Check the appropriate box below if the Form 8-K filing is intended to simultaneously satisfy the filing obligation of the registrant under any of the following provisions:

¨ Written communications pursuant to Rule 425 under the Securities Act (17 CFR 230.425)
 
¨ Soliciting material pursuant to Rule 14a-12 under the Exchange Act (17 CFR 240.14a-12)
 
¨ Pre-commencement communications pursuant to Rule 14d-2(b) under the Exchange Act (17 CFR 240.14d-2(b))
 
¨ Pre-commencement communications pursuant to Rule 13e-4(c) under the Exchange Act (17 CFR 240.13e-4(c))
 

 
 




 
 

 


Item 5.02             Departure of Directors or Certain Officers; Election of Directors; Appointment of Certain Officers; Compensatory Arrangements of Certain Officers.

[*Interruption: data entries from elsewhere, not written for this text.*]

-- ===== src/Db/ConfigTimeline/Effective.antt =====
-- The configuration in effect at a time, of app/db/config_timeline.py
use mathlib.Core.List.{Permᴰ}
use mathlib.Core.Option.{some-injective, none-ne-some}
use why_combinator.Prelude.Sort.{sort, sort-perm, sort-IsSorted}
use why_combinator.Prelude.{
  ◌≡◌, refl, ap, subst, ◌⊎◌, inl, inr, Bool, true, false, Option, none, some, List, [], ◌∷◌, ◌++◌,
  map, filter, arith, leb, ◌<◌, ◌==◌, nat_has_eq, All, Bool-cases, Option-cases,
}
use why_combinator.Platform.Sql.{Engine}
use why_combinator.Platform.Json.{Json}
use why_combinator.Db.Models.{Uuid, Instant, FrozenSnapshot}
use why_combinator.Db.ConfigTimeline.{
  ScoringWeightConfig, ConfigTimelineEntry, snapshot_entry, weight_entries,
  reconstruct_effective_config_timeline, last?, effective_entry, resolve_effective_config_at,
}
use why_combinator.Db.ConfigTimeline.Timeline.{
  IsTimeline, IsOf, IsInEffect, before, before-IsOrder, sorted-IsTimeline, entries-AreEntries,
}

module _ {Float : Type 0} (db : Engine) (to_float : Json Float → Option Float) where
  last_lem :
      (now : ConfigTimelineEntry Float → Bool) (es : List (ConfigTimelineEntry Float))
      → ((last? db to_float (filter now es) ≡ none) × All (λ x. now x ≡ false) es)
        ⊎ ((e : ConfigTimelineEntry Float) × (front : List (ConfigTimelineEntry Float))
            × (rest : List (ConfigTimelineEntry Float)) × (last? db to_float (filter now es)
                ≡ some e)
            × (es ≡ front ++ e ∷ rest)
            × (now e ≡ true)
            × All (λ x. now x ≡ false) rest)
  last_lem now [] = inl (refl, tt)
  last_lem now (x ∷ es) = elim (last_lem now es) [
    | inl (n, late) ↦ elim (Bool-cases (now x)) [
      | inl t ↦ inr (x, [], es, rw (t, n) refl, refl, t, late)
      | inr f ↦ inl (rw f n, (f, late))
    ]
    | inr (e, front, rest, l, split, due, late) ↦
        inr (e, x ∷ front, rest, found e l, ap (◌∷◌ x) split, due, late)
  ]
    where
      found :
          (e : ConfigTimelineEntry Float)
          → last? db to_float (filter now es) ≡ some e
          → last? db to_float (filter now (x ∷ es)) ≡ some e
      found e l = elim (Bool-cases (now x)) [ inl t ↦ rw (t, l) refl | inr f ↦ rw f l ]

  All-later :
      (at_time : Instant) (es : List (ConfigTimelineEntry Float))
      → All (λ x. leb x.timestamp at_time ≡ false) es
      → All (λ x. at_time < x.timestamp) es
  All-later at_time [] h = tt
  All-later at_time (x ∷ es) h = (ground (arith, h.0), All-later at_time es h.1)

  in_effect :
      (configs : List (ScoringWeightConfig Float)) (snapshots : List (FrozenSnapshot Float))
      (run_id : Uuid) (at_time : Instant) (timeline : List (ConfigTimelineEntry Float))
      → reconstruct_effective_config_timeline db to_float configs snapshots run_id ≡ some timeline
      → IsInEffect to_float timeline at_time
          (resolve_effective_config_at db to_float configs snapshots run_id at_time)
  unfolding resolve_effective_config_at effective_entry
  in_effect configs snapshots run_id at_time timeline h =
      elim (last_lem (λ x. leb x.timestamp at_time) timeline) [
        | inl (n, late) ↦
            inl (rw (h, resolve_effective_config_at) (ap some n), All-later at_time timeline late)
        | inr (e, front, rest, l, split, due, late) ↦ inr (
          e,
          front,
          rest,
          rw (h, resolve_effective_config_at) (ap some l),
          split,
          ground (arith, due),
          All-later at_time rest late,
        )
      ]

  -- Where the timeline of a run can be made, so its weights are numbers: it consists of an entry for each
  -- weight configuration of the run, with its time, the numbers of its weights and no policies, and an entry
  -- for each snapshot of the run, with its time, weights and policies, and of no others. It is in the order
  -- of time, a snapshot before a configuration of the same time. The configuration in effect at a time is the
  -- last entry that is no later, all entries behind it being later; and there is none if all are later.
  pub effective_is_last :
      (configs : List (ScoringWeightConfig Float)) (snapshots : List (FrozenSnapshot Float))
      (run_id : Uuid) (at_time : Instant) (timeline : List (ConfigTimelineEntry Float))
      → reconstruct_effective_config_timeline db to_float configs snapshots run_id ≡ some timeline
      → IsOf to_float configs snapshots run_id timeline
        × IsTimeline timeline
        × IsInEffect to_float timeline at_time
            (resolve_effective_config_at db to_float configs snapshots run_id at_time)
  unfolding reconstruct_effective_config_timeline
  effective_is_last configs snapshots run_id at_time timeline h =
      let p = λ (r : ScoringWeightConfig Float). r.run_id == run_id in
      let q = λ (r : FrozenSnapshot Float). r.snapshot.run_id == run_id in
      let by_time = λ (a b : ScoringWeightConfig Float). leb a.effective_from b.effective_from in
      let by_capture =
        λ (a b : FrozenSnapshot Float). leb a.snapshot.captured_at b.snapshot.captured_at in
      let rows = sort by_time (db.select (ScoringWeightConfig Float) p configs) in
      let frozen = sort by_capture (db.select (FrozenSnapshot Float) q snapshots) in
      elim (Option-cases (weight_entries db to_float rows)) [
        | inl n ↦
            absurd (none-ne-some timeline (rw (n, reconstruct_effective_config_timeline) at h))
        | inr (es, k) ↦
            let all = es ++ map (snapshot_entry db to_float) frozen in
            let made : sort (before db to_float) all ≡ timeline =
              some-injective _ _ (rw (k, reconstruct_effective_config_timeline) at h) in
            (
              (
                rows,
                frozen,
                es,
                Permᴰ.trans (sort-perm by_time (db.select (ScoringWeightConfig Float) p configs))
                    (db.select-perm (ScoringWeightConfig Float) p configs),
                Permᴰ.trans (sort-perm by_capture (db.select (FrozenSnapshot Float) q snapshots))
                    (db.select-perm (FrozenSnapshot Float) q snapshots),
                entries-AreEntries db to_float rows es k,
                subst (λ l. Permᴰ l all) made (sort-perm (before db to_float) all),
              ),
              subst IsTimeline made (
                  sorted-IsTimeline db to_float (sort (before db to_float) all)
                    (sort-IsSorted (before-IsOrder db to_float) all)),
              in_effect configs snapshots run_id at_time timeline h,
            )
      ]
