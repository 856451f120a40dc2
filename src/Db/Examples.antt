-- ===== src/Db/Examples.antt =====
-- Two weight configurations and a snapshot, and the theorem at them.
use why_combinator.Prelude.{ℕ, ◌≡◌, refl, Option, some, List, [], ◌∷◌, nat_has_eq}
use why_combinator.Prelude.Sort.{sort, insert}
use why_combinator.Platform.Sql.{in_order}
use why_combinator.Platform.Floats.{thousandths}
use why_combinator.Platform.Json.{Json, Fields, field, end, real, text, numeric}
use why_combinator.Db.Models.{FrozenSnapshot}
use why_combinator.Db.ConfigTimeline.{
  ScoringWeightConfig, ConfigTimelineEntry, weight_entry, snapshot_entry, weight_entries,
  float_values, effective_entry, weight_config, reconstruct_effective_config_timeline,
  resolve_effective_config_at,
}
use why_combinator.Db.ConfigTimeline.Timeline.{IsOf, IsTimeline, IsInEffect}
use why_combinator.Db.ConfigTimeline.Effective.{effective_is_last}

abbrev weights : ℕ → Fields ℕ
weights quality = field "quality" (real quality) end

abbrev config : ℕ → ℕ → ScoringWeightConfig ℕ
config time quality = record { run_id = 5; effective_from = time; weights = weights quality }

abbrev snapshot : ℕ → FrozenSnapshot ℕ
snapshot time = record {
  snapshot = record { id = 1; run_id = 5; checkpoint_id = "c"; captured_at = time };
  active_weights = weights 300;
  active_policies = field "judging" (text "strict") end;
}

abbrev number : Json ℕ → Option ℕ
number v = numeric thousandths (some v)

abbrev configs : List (ScoringWeightConfig ℕ)
configs = config 9 700 ∷ config 2 500 ∷ []

abbrev snapshots : List (FrozenSnapshot ℕ)
snapshots = snapshot 2 ∷ []

abbrev entry : ℕ → ℕ → ConfigTimelineEntry ℕ
entry time quality = record {
  timestamp = time;
  source = weight_config;
  weights = weights quality;
  policies = end;
}

abbrev timeline : List (ConfigTimelineEntry ℕ)
timeline = snapshot_entry in_order number (snapshot 2) ∷ entry 2 500 ∷ entry 9 700 ∷ []

reconstructed :
    reconstruct_effective_config_timeline in_order number configs snapshots 5 ≡ some timeline
unfolding reconstruct_effective_config_timeline sort insert weight_entries weight_entry float_values
    numeric
reconstructed = refl

-- Of the two entries of time 2 the configuration is in effect.
in_effect :
    resolve_effective_config_at in_order number configs snapshots 5 4 ≡ some (some (entry 2 500))
unfolding resolve_effective_config_at effective_entry reconstruct_effective_config_timeline sort
    insert weight_entries weight_entry float_values numeric
in_effect = refl

effective_is_last_example :
    IsOf number configs snapshots 5 timeline
    × IsTimeline timeline
    × IsInEffect number timeline 4
        (resolve_effective_config_at in_order number configs snapshots 5 4)
effective_is_last_example =
    effective_is_last in_order number configs snapshots 5 4 timeline reconstructed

On October 31, 2006, the shareholders of Angelica Corporation (the “Company”) approved the amendment and restatement of the Company’s 1999 Performance Plan. The primary effects of the amendment and restatement of the plan are as follows: (i) the maximum number of shares of common stock of the Company that are authorized for issuance under the plan increased from 850,000 to 1,100,000; (ii) any shares of restricted stock awarded under the plan that are forfeited for any reason will be added back to shares authorized for future issuances under the plan; and (iii) the Company may not effect a “repricing” (as defined in the plan) of options or other awards under the plan without shareholder approval.

Other than these modifications, the plan was not changed in any other material respect. The named executive officers of the Company are eligible to receive future awards under the plan consisting of incentive stock options, nonqualified stock options, restricted stock and stock units, subject to the discretion of the Compensation and Organization Committee of the Company’s Board of Directors.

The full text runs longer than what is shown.